What is bZx? A 3-minute guide to the defi trading platform

Crypto tokens have long been criticized as only useful for speculation and gambling, but new decentralized finance (DeFi) applications are changing that narrative. One such company trying to change that narrative is bZx.

This article explores how bZx is working alongside other popular DeFi protocols such as Compound and MakerDAO in not only lending, but also integrating tokens into their core functionality. But first, let’s explore how traders borrow money. 

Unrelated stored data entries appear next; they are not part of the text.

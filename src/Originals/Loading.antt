-- ===== src/Originals/Loading.antt =====
-- SiameseCommon.cpp and SiameseEncoder.cpp: what is loaded from a packet that was initialized.
use tonk.Common.{ℕ, ◌<◌, ◌≡◌, ap, length, length-append, drop-append, arith}
use tonk.Serializers.PacketLength.{serialize_header}
use tonk.Originals.{SiamesePacket, initialize_packet, load_original}

pub load_original-initialize_packet :
    (packet : SiamesePacket) → load_original (initialize_packet packet) ≡ packet
unfolding load_original initialize_packet
load_original-initialize_packet packet =
    let header = serialize_header (length packet.content) in
    ap (λ bytes. record { packet_num = packet.packet_num; content = bytes })
      (drop-append header packet.content)

header-nonempty : (n : ℕ) → 0 < length (serialize_header n)
unfolding serialize_header
header-nonempty n = ground arith

-- The buffer of a packet in use is never empty, which is how an unused one is told.
pub initialize_packet-nonempty :
    (packet : SiamesePacket) → 0 < length (initialize_packet packet).buffer
unfolding initialize_packet
initialize_packet-nonempty packet =
    let header = serialize_header (length packet.content) in
    omega (arith, length-append header packet.content, header-nonempty (length packet.content))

For crypto traders, access to margin trading–or trading with borrowed money–has mainly been limited to centralized exchanges. By using centralized exchanges, margin traders and the lenders supplying funds to them become vulnerable to hacks, regulatory uncertainty, and mismanagement. Though decentralized exchanges have their own vulnerabilities, having the option to choose is a big step forward for the crypto faithful.

What is bZx?

The bZx protocol is a set of smart contracts built on top of Ethereum. The protocol focuses on lending and margin trading and is most similar to another popular DeFi product called dYdX. The biggest difference between the two margin trading protocols is the inherent use of tokens in the bZx protocol. There are three main tokens in the bZx system: iTokens, pTokens, and BZRX tokens. All three are ERC20 tokens and each plays a vital role in how bZx functions. 

Who Invented bZx?

The co-founders of bZx are Tom Bean and Kyle Kistner who formed the idea for the protocol in August 2017.

A brief history

  • February 2018 – bZx whitepaper is released 
  • December 2018 – bZx raises $7.8 million in their Initial Coin Offering of BZRX tokens
  • June 2019 – Fulcrum, the trading front-end for the bZx protocol, is launched. 
  • October 2019 – Torque, the lending front-end for the bZx protocol, is launched.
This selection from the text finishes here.